These pancakes have only three ingredients.
Dr. Natasha Campbell-McBride includes this recipe in stage three of her Gut and Psychology Syndrome (GAPS) introduction diet. Since the book does not list exact amounts or measurements, I’ve adapted it using my approximations.
- 1/2 – 3/4 cup nut butter (almond, hazelnut, etc – your choice)
- 3-4 eggs
- Large piece of winter squash, like butternut
- Peel and deseed the squash and blend in a food processor or blender.
- Add the nut butter and eggs to the processor or blender and mix well.
- Grease your griddle or frying pan with coconut oil, butter, or lard.
- Fry them like regular pancakes on medium heat.
Makes 8-12 pancakes, depending on their size. Serve with fruit or real whipped cream.
Try different amounts of each ingredient or try different ingredients altogether! When making the pancakes for this post, I ran out of nut butter! So I used whole almonds instead. They blend into a nice almond meal.
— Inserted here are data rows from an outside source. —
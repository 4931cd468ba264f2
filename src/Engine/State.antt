-- ===== src/Engine/State.antt =====
-- crates/cuepool/src/engine.rs: the state of `ShowEngine`, what it reads of the show, what it hands
-- to the rest of the program, and the audio output behind it.
--
-- A `Duration` is its count of nanoseconds, a fade time is in milliseconds, and an instance number
-- (u64) wraps as in the source. The shared state of the GUI enters as the cue list and settings,
-- which the engine only reads (`Show`), and as the selected cue and the operator's alerts, which it
-- writes.
use cue_pool.Base.{ℕ, ◌+◌, ◌%◌, ◌^◌, Bool, false, Option, none, List, [], max}
use cue_pool.Base.Int.{ℤ, pos}
use cue_pool.Base.Text.{Text}
use cue_pool.Cue.{Cue, LoopMode, StopMode, FadeType}
use cue_pool.Mixer.{MixerInput}

-- crates/cuepool-gui/src/app/mod.rs
pub data CueState : Type 0 where
  ready delay playing playing_looped paused done : CueState

pub record PendingStop : Type 0 where
  pub mode : StopMode
  pub fade_out_time : ℕ
  pub fade_type : FadeType

-- `loop_counter` says whether there is one; the engine never reads its count.
pub record ActiveCue : Type 0 where
  pub instance_id : ℕ
  pub qid : ℕ
  pub name : Text
  pub input : MixerInput
  pub state : CueState
  pub loop_counter : Bool
  pub video_loop_count : ℕ
  pub video_loop_limit : Option ℕ
  pub loop_start_frame : ℕ
  pub loop_end_frame : ℕ
  pub fade_out : ℕ
  pub fade_type : FadeType
  pub fade_out_started : Bool
  pub pending_stop : Option PendingStop
  pub follow_after_last : Bool

pub record DelayedCue : Type 0 where
  pub cue : Cue
  pub start_at : ℕ

pub record CurrentVideo : Type 0 where
  pub qid : ℕ
  pub instance_id : ℕ
  pub epoch : ℕ
  pub path : Text
  pub start_time : ℕ
  pub duration : ℕ
  pub loop_mode : LoopMode
  pub follow_mtc : Bool
  pub mtc_start : ℕ
  pub has_audio : Bool
  pub clock_origin : ℕ
  pub paused_position : Option ℕ

pub data EngineCommand : Type 0 where
  go stop pause resume toggle_pause preload : EngineCommand
  fire select : ℕ → EngineCommand
  seek : ℕ → ℕ → EngineCommand
  set_level : ℕ → ℤ → ℤ → EngineCommand

pub data EngineEvent : Type 0 where
  video_eof video_failed : ℕ → ℕ → EngineEvent
  external_finished : ℕ → EngineEvent

pub data EngineTrace : Type 0 where
  cue_started : ℕ → Option ℕ → EngineTrace
  cue_finished : ℕ → EngineTrace

-- `play_video` carries the video that it starts. `seek_video` has the number, the instance, the
-- path, the target and the media offset in nanoseconds, and whether the show is paused.
pub data EngineAction : Type 0 where
  play_video : CurrentVideo → EngineAction
  seek_video : ℕ → ℕ → Text → ℕ → ℕ → Bool → EngineAction
  stop_video : ℕ → EngineAction
  set_video_paused : Bool → EngineAction
  fire_external : Cue → EngineAction
  stop_external : ℕ → StopMode → ℕ → FadeType → EngineAction
  stop_all_external : EngineAction
  remote_go : Text → ℕ → EngineAction
  trace : EngineTrace → EngineAction

-- The two messages of `warn_operator`, each with the cue's number and the node's name.
pub data Alert : Type 0 where
  node_not_detected remote_control_off : ℕ → Text → Alert

pub record Settings : Type 0 where
  pub node_name : Text
  pub enable_remote_control : Bool
  pub remote_nodes : List Text

pub record Show : Type 0 where
  pub cues : List Cue
  pub settings : Settings

-- A decoder that opened: its rate, channel count and length in samples.
pub record Decoder : Type 0 where
  pub sample_rate : ℕ
  pub channels : ℕ
  pub length : Option ℕ

pub record CueChainParams : Type 0 where
  pub start_frame : ℕ
  pub end_frame : ℕ
  pub loop_mode : LoopMode
  pub loop_count : ℕ
  pub fade_in : ℕ
  pub fade_type : FadeType

-- The audio engine and the files behind it: whether an output that fits the settings is open, its
-- rate (that of `audio_sample_rate`, which is 48 kHz with no output), how a path resolves, which
-- files decode, and the mixer input that a chain is given, if the output takes it.
pub record Audio : Type 0 where
  pub usable : Bool
  pub output_rate : ℕ
  pub resolve_path : Text → Option Text
  pub open_file : Text → Option Decoder
  pub play_chain : Text → CueChainParams → Option MixerInput

pub record Engine : Type 0 where
  pub selected_cue_id : Option ℕ
  pub alerts : List Alert
  pub active_cues : List ActiveCue
  pub next_active_cue_instance_id : ℕ
  pub delayed_cues : List DelayedCue
  pub paused : Bool
  pub now : ℕ
  pub go_in_progress : Bool
  pub show_start : Option ℕ
  pub show_pause_started : Option ℕ
  pub show_paused_offset : ℕ
  pub show_adjustment : ℤ
  pub triggered_timecodes : List ℕ
  pub active_timecodes : List (ℕ × ℕ)
  pub current_video : Option CurrentVideo
  pub pending_video_half : Option (ℕ × ℕ)
  pub current_picture_qid : Option ℕ
  pub actions : List EngineAction

-- `ShowEngine::new`, with the cue that the GUI has selected.
abbrev pub new_engine : Option ℕ → Engine
new_engine selected = record {
  selected_cue_id = selected;
  alerts = [];
  active_cues = [];
  next_active_cue_instance_id = 1;
  delayed_cues = [];
  paused = false;
  now = 0;
  go_in_progress = false;
  show_start = none;
  show_pause_started = none;
  show_paused_offset = 0;
  show_adjustment = pos 0;
  triggered_timecodes = [];
  active_timecodes = [];
  current_video = none;
  pending_video_half = none;
  current_picture_qid = none;
  actions = [];
}

-- u64 `wrapping_add(1).max(1)`.
abbrev pub next_id : ℕ → ℕ
next_id n = max ((n + 1) % 2 ^ 64) 1
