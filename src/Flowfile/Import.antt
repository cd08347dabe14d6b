-- ===== src/Flowfile/Import.antt =====
-- `Import` of flowfile/flowfile.go: a document is stamped, planned, laid out, compiled and saved.
pub mod Laws
use morph_api.Prelude.{
  ℕ, ◌+◌, String, Bool, true, false, not, ◌&&◌, Option, none, some, List, [], ◌∷◌, ◌==◌, eqb,
  if◌then◌else◌,
}
use morph_api.Prelude.Text.{trim_space}
use morph_api.Graph.{Node, Edge, Flow, at}
use morph_api.Graph.Normalize.{normalize_graph}
use morph_api.Diagnostics.{Issue, Diagnostics, compile_err}
use morph_api.Patch.{PatchNode, PatchEdge, Patch, Problem}
use morph_api.Patch.Values.{is_blank}
use morph_api.Patch.Merge.{NodeKind}
use morph_api.Patch.Plan.{plan_patch}
use morph_api.Preferences.{FlowPreferences, normalize}
use morph_api.Plugins.{FlowPlugin, collect_flow_plugins}
use morph_api.Compile.Read.{Floats}
use morph_api.Compile.Rules.{Fusion}
use morph_api.Compile.Flow.{CompileResult, compile_flow}
use morph_api.Compile.Nodes.{Graph, Built, Walked}
use morph_api.Workflows.{FlowRecord, FlowTable, Save, saved, not_read, not_written, upsert}
use morph_api.Flowfile.{PluginManifestEntry, MissingAction, UnboundNode, ExtensionRecord}
use morph_api.Flowfile.Identity.{Stamped, stamp_identities}
use morph_api.Flowfile.Profiles.{NodeSetting, resolve_settings_profiles}

-- The header is not read back.
pub record Document : Type 0 where
  pub title : String
  pub tags : Option (List String)
  pub preferences : Option FlowPreferences
  pub plugins : List PluginManifestEntry
  pub nodes : List PatchNode
  pub edges : List PatchEdge
  pub notes : List String

pub record Input : Type 0 where
  pub doc : Document
  pub id : String
  pub title : String
  pub tags : Option (List String)
  pub preferences : Option FlowPreferences
  pub dry_run : Bool

-- The graph is compiled where `compile_error` is none.
pub record Result : Type 0 where
  pub flow : FlowRecord
  pub problems : List Problem
  pub missing : List MissingAction
  pub unbound : List UnboundNode
  pub compile_error : Option String
  pub start_node_id : String
  pub compiled : Option Graph
  pub dry_run : Bool
  pub validation : Diagnostics

pub data ImportError : Type 0 where
  no_nodes not_one_start not_listed not_saved : ImportError

-- `crashed` is the panic of a builder of nodes.
pub data Imported (S : Type 0) : Type 0 where
  imported : S → Result → Imported S
  refused : ImportError → Imported S
  crashed : Imported S

unfoldable pub count_type : String → List Node → ℕ
count_type kind [] = 0
count_type kind (n ∷ ns) = (if n.kind == kind then 1 else 0) + count_type kind ns

abbrev pub title_of : Input → String
title_of i =
    if not (is_blank i.title)
    then trim_space i.title
    else if not (is_blank i.doc.title)
    then trim_space i.doc.title
    else "Imported workflow"

abbrev pub or_given {ℓ} : {A : Type ℓ} → Option A → Option A → Option A
or_given none a = a
or_given (some b) a = some b

abbrev pub nothing_there : Flow
nothing_there = record { nodes = []; edges = []; zoom = at 0 }

abbrev pub lowered_as : Option String → CompileResult → Result → Result
lowered_as none c r = record r {
  validation = c.diagnostics;
  start_node_id = c.start_node_id;
  compiled = some c.nodes;
}
lowered_as (some text) c r = record r { validation = c.diagnostics; compile_error = some text }

module _ (catalog : List NodeKind) (short_id : ℕ → String) where
  abbrev pub plan_of : List PatchNode → Document → Flow × List Problem
  plan_of nodes doc =
      plan_patch catalog short_id (record { nodes = nodes; edges = doc.edges; notes = doc.notes })
        nothing_there

module _ (profiles : String → Option NodeSetting) where
  -- the record to be saved, from the graph that was planned
  unfoldable pub record_of : Input → Flow → FlowRecord
  record_of i graph =
      let laid = normalize_graph (resolve_settings_profiles profiles graph) in
      record {
        id = trim_space i.id;
        title = title_of i;
        tags = or_given i.tags i.doc.tags;
        preferences = normalize (or_given i.preferences i.doc.preferences);
        plugins = collect_flow_plugins laid;
        created_at = 0;
        updated_at = 0;
        graph = laid;
      }

  abbrev pub result_of : Input → Stamped → Flow × List Problem → Result
  result_of i st plan = record {
    flow = record_of i plan.0;
    problems = plan.1;
    missing = st.missing;
    unbound = st.unbound;
    compile_error = none;
    start_node_id = "";
    compiled = none;
    dry_run = i.dry_run;
    validation = record {
      ok = false;
      start_node_id = "";
      issues = [];
      error_count = 0;
      warning_count = 0;
    };
  }

abbrev pub stamp_with :
    Option (List ExtensionRecord × List ExtensionRecord) → Input → Option Stamped
stamp_with none i = none
stamp_with (some (exts, builtins)) i =
    some (stamp_identities exts builtins i.doc.plugins i.doc.nodes)

abbrev pub is_none_of : List PatchNode → Bool
is_none_of [] = true
is_none_of (n ∷ ns) = false

module _ {S : Type 0} (table : FlowTable S) where
  abbrev pub with_saved : Result → Save S → Imported S
  with_saved r (saved t flow) = imported t (record r { flow = flow })
  with_saved r (not_read text) = refused not_saved
  with_saved r not_written = refused not_saved

  -- a dry run saves nothing
  abbrev pub save : Bool → S → ℕ → String → Result → Imported S
  save true s now minted r = imported s r
  save false s now minted r = with_saved r (upsert table s now minted r.flow)

  -- Compiling is no condition of the import.
  abbrev pub compiled_as :
      (Issue → String) → S → ℕ → String → Result → Option CompileResult → Imported S
  compiled_as issue_error s now minted r none = crashed
  compiled_as issue_error s now minted r (some c) =
      save r.dry_run s now minted (lowered_as (compile_err issue_error c.diagnostics) c r)

module _ (floats : Floats) (parse_time : String → String → Option String) (fusion : Fusion)
    (walk : (Node → Built) → String → Flow → Walked) (guard : String → Graph → List Issue)
    (issue_error : Issue → String) (catalog : List NodeKind) (short_id : ℕ → String)
    (profiles : String → Option NodeSetting) where
  module _ {S : Type 0} (table : FlowTable S) where
    abbrev pub land : S → ℕ → String → Input → Stamped → Flow × List Problem → Imported S
    land s now minted i st plan =
        if eqb (count_type "startNode" plan.0.nodes) 1
        then compiled_as table issue_error s now minted (result_of profiles i st plan) (
            compile_flow floats parse_time fusion walk guard true
              (record_of profiles i plan.0).graph)
        else refused not_one_start

    abbrev pub land_stamped : S → ℕ → String → Input → Option Stamped → Imported S
    land_stamped s now minted i none = refused not_listed
    land_stamped s now minted i (some st) =
        land s now minted i st (plan_of catalog short_id st.nodes i.doc)

    -- `listed` is the install's extension rows and its builtin rows, none when they cannot be read.
    unfoldable pub import_flow :
        Option (List ExtensionRecord × List ExtensionRecord) → S → ℕ → String → Input → Imported S
    import_flow listed s now minted i =
        if is_none_of i.doc.nodes
        then refused no_nodes
        else land_stamped s now minted i (stamp_with listed i)
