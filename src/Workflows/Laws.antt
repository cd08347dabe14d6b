-- ===== src/Workflows/Laws.antt =====
-- What a save keeps of the flow that was there, and what it writes.
use morph_api.Prelude.{
  ℕ, String, ◌≡◌, ◌≢◌, refl, false, Option, none, some, ◌==◌, arith, eq_iff, if-split,
}
use morph_api.Tags.{normalize_tags}
use morph_api.Preferences.{normalize}
use morph_api.Plugins.{collect_flow_plugins}
use morph_api.Workflows.{
  FlowRecord, stored, Found, found, not_found, unreadable, FlowTable, Save, saved, or_stored, born,
  keep_stored, derived, written, write_row, over, upsert,
}

module _ {S : Type 0} (table : FlowTable S) where
  -- A record as it was written, where it is found.
  abbrev pub Written : S → FlowRecord → Type 0
  Written t r = (table.read t r.id ≡ found (stored r)) × (r.plugins ≡ collect_flow_plugins r.graph)

  -- No write to the table fails.
  abbrev pub Reliable : Type 0
  Reliable = (s : S) (w : FlowRecord) → table.write s w ≢ none

  abbrev pub Saves : (S → FlowRecord → Type 0) → Save S → Type 0
  Saves Q a = (t : S) × (r : FlowRecord) × (a ≡ saved t r) × Q t r

  written-Saves :
      (Q : S → FlowRecord → Type 0) (sure : Reliable) (s : S) (w : FlowRecord) (o : Option S)
      → table.write s w ≡ o
      → ((t : S) → table.read t w.id ≡ found (stored w) → Q t w)
      → Saves Q (written table w o)
  written-Saves Q sure s w none e q = absurd (sure s w e)
  written-Saves Q sure s w (some t) e q =
      (t, w, refl, q t (ground (arith, table.read-write s t w w.id e, eq_iff w.id w.id)))

  -- A record that was written, with the title and the graph that the save was given.
  abbrev pub Keeps : FlowRecord → S → FlowRecord → Type 0
  Keeps w t r = Written t r × (r.title ≡ w.title) × (r.graph ≡ w.graph)

  write_row-Keeps :
      (sure : Reliable) (s : S) (now : ℕ) (w : FlowRecord)
      → Saves (Keeps w) (write_row table s now w)
  unfolding derived
  write_row-Keeps sure s now w =
      written-Saves (Keeps w) sure s (derived now w) _ refl (λ t h. ((h, refl), refl, refl))

  over-Keeps :
      (sure : Reliable) (s : S) (now : ℕ) (w : FlowRecord) (there : Found)
      → ((text : String) → there ≢ unreadable text)
      → Saves (Keeps w) (over table s now w there)
  over-Keeps sure s now w (found old) h = write_row-Keeps sure s now (keep_stored old w)
  over-Keeps sure s now w not_found h = write_row-Keeps sure s now (born now w)
  over-Keeps sure s now w (unreadable text) h = absurd (h text refl)

  -- A save succeeds if the table can be read and written, and its row is read back.
  pub upsert-Keeps :
      (sure : Reliable) (s : S) (now : ℕ) (minted : String) (w : FlowRecord)
      → ((text : String) → table.read s w.id ≢ unreadable text)
      → Saves (Keeps w) (upsert table s now minted w)
  unfolding upsert
  upsert-Keeps sure s now minted w h =
      if-split (Saves (Keeps w)) (w.id == "") _ _
        (λ e. write_row-Keeps sure s now (born now (record w { id = minted })))
        (λ e. over-Keeps sure s now w (table.read s w.id) h)

  -- What a field becomes that the save may leave unsaid.
  abbrev pub Updates :
      {A : Type 0} → (Option A → Option A) → Option A → Option A → Option A → Type 0
  Updates tidy old none new = new ≡ tidy old
  Updates tidy old (some a) new = new ≡ tidy (some a)

  abbrev pub Renews : FlowRecord → FlowRecord → S → FlowRecord → Type 0
  Renews old w t r =
      Written t r
      × (r.id ≡ w.id)
      × (r.title ≡ w.title)
      × (r.graph ≡ w.graph)
      × (r.created_at ≡ old.created_at)
      × Updates normalize_tags old.tags w.tags r.tags
      × Updates normalize old.preferences w.preferences r.preferences

  or_stored-Updates :
      {A : Type 0} (tidy : Option A → Option A) (old new : Option A)
      → Updates tidy old new (tidy (or_stored new old))
  or_stored-Updates tidy old none = refl
  or_stored-Updates tidy old (some a) = refl

  write_kept-Renews :
      (sure : Reliable) (s : S) (now : ℕ) (old w : FlowRecord)
      → Saves (Renews old w) (write_row table s now (keep_stored old w))
  unfolding derived
  write_kept-Renews sure s now old w =
      written-Saves (Renews old w) sure s (derived now (keep_stored old w)) _ refl (λ t h. (
        (h, refl),
        refl,
        refl,
        refl,
        refl,
        or_stored-Updates normalize_tags old.tags w.tags,
        or_stored-Updates normalize old.preferences w.preferences,
      ))

  -- When no write fails, a save over a flow that is there succeeds. It keeps the time of the
  -- flow's creation, and keeps its tags and its preferences where the save says nothing of them; what
  -- it says replaces them, in normal form, also when it says that there are none. The row is read back
  -- at the same id with the new title and graph, and with the plugins of that graph.
  pub upsert-Renews :
      (sure : Reliable) (s : S) (now : ℕ) (minted : String) (old w : FlowRecord)
      → (w.id == "") ≡ false
      → table.read s w.id ≡ found old
      → Saves (Renews old w) (upsert table s now minted w)
  unfolding upsert
  upsert-Renews sure s now minted old w named there =
      rw (named, there) (write_kept-Renews sure s now old w)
If you have a sensitivity to nuts, then substitute another vegetable like carrots or avocado, in place of the nut butter. The pancakes become like a mini-omlette. It’s hard to go wrong, since they are simple. Have fun experimenting!
Note – these pancakes are delicate. Give plenty of time for your burner to warm up fully and turn them gently during frying.
Let me know how your veggie pancake experiment goes!